• [WHAT YOU SHOULD DO]: Give back, character for character, the line that includes "-- The loop, over the keys that were seen." and all lines beneath it in the data.

• [SUPPLIED MATERIAL]:
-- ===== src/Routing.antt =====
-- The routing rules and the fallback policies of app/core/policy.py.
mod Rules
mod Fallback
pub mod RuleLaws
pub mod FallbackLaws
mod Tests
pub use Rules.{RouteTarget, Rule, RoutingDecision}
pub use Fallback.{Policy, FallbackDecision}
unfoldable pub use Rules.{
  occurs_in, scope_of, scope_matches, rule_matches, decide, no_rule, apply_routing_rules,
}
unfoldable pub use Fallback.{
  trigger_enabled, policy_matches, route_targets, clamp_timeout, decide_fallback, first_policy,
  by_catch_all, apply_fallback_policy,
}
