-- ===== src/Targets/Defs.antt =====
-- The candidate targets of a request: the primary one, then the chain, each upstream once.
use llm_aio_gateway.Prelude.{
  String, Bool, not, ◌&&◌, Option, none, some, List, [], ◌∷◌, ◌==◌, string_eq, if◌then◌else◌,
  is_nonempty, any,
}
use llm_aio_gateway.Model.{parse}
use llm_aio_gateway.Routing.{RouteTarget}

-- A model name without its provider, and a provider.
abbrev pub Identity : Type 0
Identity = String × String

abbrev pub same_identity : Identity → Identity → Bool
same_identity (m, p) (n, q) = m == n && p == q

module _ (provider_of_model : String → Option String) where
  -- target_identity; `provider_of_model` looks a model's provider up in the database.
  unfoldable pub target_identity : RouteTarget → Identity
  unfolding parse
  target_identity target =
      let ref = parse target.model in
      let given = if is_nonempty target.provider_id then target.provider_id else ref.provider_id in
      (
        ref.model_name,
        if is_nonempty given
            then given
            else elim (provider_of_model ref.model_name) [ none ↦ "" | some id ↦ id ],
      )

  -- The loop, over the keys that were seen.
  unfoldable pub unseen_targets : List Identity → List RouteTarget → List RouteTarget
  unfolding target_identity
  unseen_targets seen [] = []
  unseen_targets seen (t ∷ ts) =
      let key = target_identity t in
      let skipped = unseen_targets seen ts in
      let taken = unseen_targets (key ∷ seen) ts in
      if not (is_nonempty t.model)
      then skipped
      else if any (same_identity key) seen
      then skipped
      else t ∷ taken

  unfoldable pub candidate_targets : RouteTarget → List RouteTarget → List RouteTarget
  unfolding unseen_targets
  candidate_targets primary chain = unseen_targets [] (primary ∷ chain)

• [RESULT OF THE TASK]:
  -- The loop, over the keys that were seen.
  unfoldable pub unseen_targets : List Identity → List RouteTarget → List RouteTarget
  unfolding target_identity
  unseen_targets seen [] = []
  unseen_targets seen (t ∷ ts) =
      let key = target_identity t in
      let skipped = unseen_targets seen ts in
      let taken = unseen_targets (key ∷ seen) ts in
      if not (is_nonempty t.model)
      then skipped
      else if any (same_identity key) seen
      then skipped
      else t ∷ taken

  unfoldable pub candidate_targets : RouteTarget → List RouteTarget → List RouteTarget
  unfolding unseen_targets
  candidate_targets primary chain = unseen_targets [] (primary ∷ chain)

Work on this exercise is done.